Nitrate reductase activity (NRA) was determined following the protocol of Sym^[25] while nitrite reductase activity (NiRA) was calculated from leaf samples harvested on the day of SPAD reading mentioned above stored at −80 ^oC and NRA activity was carried out after 4 days i.e., 3/14/2017, 4/6/2017 and 4/20/2017 following the method of Waterer^[14]. For the determination of Ca, K, Mg, and P, dried plant material (0.5 g) from leaves and roots was ground and digested with concentrated sulfuric acid (H₂SO₄, 5 ml) and hydrogen peroxide H₂O₂ (35%, 0.5 ml per digestion tube) as described by Wolf^[15]. The digested samples were then analyzed for P and K by a flame photometer (Jenway PFP-7; Keison Products, Chelmsford, UK). A graded series of standards (ranging from 10 to 100 mg l⁻¹) of P and K were prepared, and standard curves were calculated. The values of P and K from the flame photometer were compared with the standard curves, and sample concentrations were computed. Calcium and Mg were determined titrimetrically using an EDTA solution (0.01 N) as a standard solution and Eriochrome Black T and Calcon as indicators as described by Bower & Hatcher^[26].

Fruit quality attributes were evaluated at the Postharvest Physiology and Technology Lab, Horticultural Sciences Department, University of Florida, FL, USA. Fruit quality parameters tested were firmness, soluble solids concentration (SSC), total titratable acidity (TTA), and citric acid, malic acid, and tartaric acid content. Selected fruit samples were homogenized and centrifuged at 12,000 rpm for 20 min at 4 °C. The supernatant was filtered through cheesecloth and the juice was used to assess SSC and TTA. Soluble solids concentration was determined by placing two drops of juice on the prism of a digital handheld refractometer (model AR200, Reichert Analytical Instruments, Depew, NY, USA) and reported as Brix. Citric acid, malic acid, and total titratable acidity were determined with an automatic titrator (model 719 S Titrino; Metrohm, Herisau, Switzerland). The TTA was determined by diluting 6 g of tomato juice with 50 ml deionized water, and then titrating with 0.1 N sodium hydroxide (NaOH) to an endpoint of pH 8.2 and expressed as percent citric acid. The fruit firmness was measured by a fruit texture analyzer (TA HD Plus, Texture Technologies Corp, NY, USA).

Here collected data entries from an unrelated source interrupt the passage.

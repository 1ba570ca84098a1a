-- ===== src/Prelude/Results.antt =====
-- The exception classes that the program raises (backend/app/domain/exceptions.py and
-- backend/app/application/exceptions), without their messages, and computations that may raise.
use mathlib.Core.Path.{◌≡◌, refl, ap}
use mathlib.Core.Logic.{◌⊎◌, inl, inr}
use mathlib.Core.Bool.{Bool, true, false}

pub data Error : Type 0 where
  validation_error : Error
  invariant_violation : Error
  invalid_state_transition : Error
  application_validation : Error
  lookup_error : Error
  runtime_error : Error
  recording_playback_unavailable : Error
  recording_storage_error : Error
  recording_segment_not_found : Error
  recording_segment_lifecycle : Error
  recording_key_store_error : Error
  recording_key_not_found : Error
  cancelled_error : Error
  provider_error : Error
  other_error : Error

-- What a call returns, or the class of what it raises.
pub data Result {ℓ} (A : Type ℓ) : Type ℓ where
  err : Error → Result A
  ok : A → Result A

infixl 5 ◌>>=◌ ◌>>◌
-- The statements behind a call run with its value, unless it raises.
abbrev pub ◌>>=◌ {ℓ κ} : {V : Type ℓ} {W : Type κ} → Result V → (V → Result W) → Result W
err raised >>= next = err raised
ok value >>= next = next value

-- The same without a value: a check before the rest.
abbrev pub ◌>>◌ {ℓ} : {V : Type ℓ} → Result (Unit {0}) → Result V → Result V
check >> rest = check >>= λ _. rest

-- `if refused: raise e`
abbrev pub raise_if : Bool → Error → Result (Unit {0})
raise_if true e = err e
raise_if false e = ok tt

pub Result-cases {ℓ} :
    {V : Type ℓ} (r : Result V) → ((v : V) × (r ≡ ok v)) ⊎ ((raised : Error) × (r ≡ err raised))
Result-cases (err raised) = inr (raised, refl)
Result-cases (ok v) = inl (v, refl)

or_else {ℓ} : {A : Type ℓ} → A → Result A → A
or_else d (ok a) = a
or_else d (err e) = d

pub ok-injective {ℓ} : {A : Type ℓ} (a b : A) → ◌≡◌ {A = Result A} (ok a) (ok b) → a ≡ b
unfolding or_else
ok-injective a b h = ap (or_else a) h

-- What a check that passed says, and what comes behind it.
pub raise_if-ok {ℓ} :
    {A : Type ℓ} (b : Bool) (e : Error) (r : Result A) (a : A)
    → (raise_if b e >> r) ≡ ok a
    → (b ≡ false) × (r ≡ ok a)
raise_if-ok true e r a h = cc
raise_if-ok false e r a h = (refl, h)

pub >>=-eq-ok {ℓ κ} :
    {A : Type ℓ} {B : Type κ} (m : Result A) (f : A → Result B) (b : B)
    → (m >>= f) ≡ ok b
    → (a : A) × (m ≡ ok a) × (f a ≡ ok b)
>>=-eq-ok (ok a) f b h = (a, refl, h)
>>=-eq-ok (err e) f b h = cc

There were three harvests in total. The three- harvests took place 60, 75, and 85 days after planting, respectively. Fruits were handpicked, put in plastic trays, graded through a tomato grader, and weighed with a digital scale. The number of fruits and total fruit weight were recorded for each plant.

The results of each of the variables were all statistically analyzed using STATISTICA 9.0 (Stat-Soft, Inc., Tulsa, OK, USA) by employing one-way ANOVA method. SigmaPlot 11 (Systat Software, Inc. CA, USA) was used to make the graphics.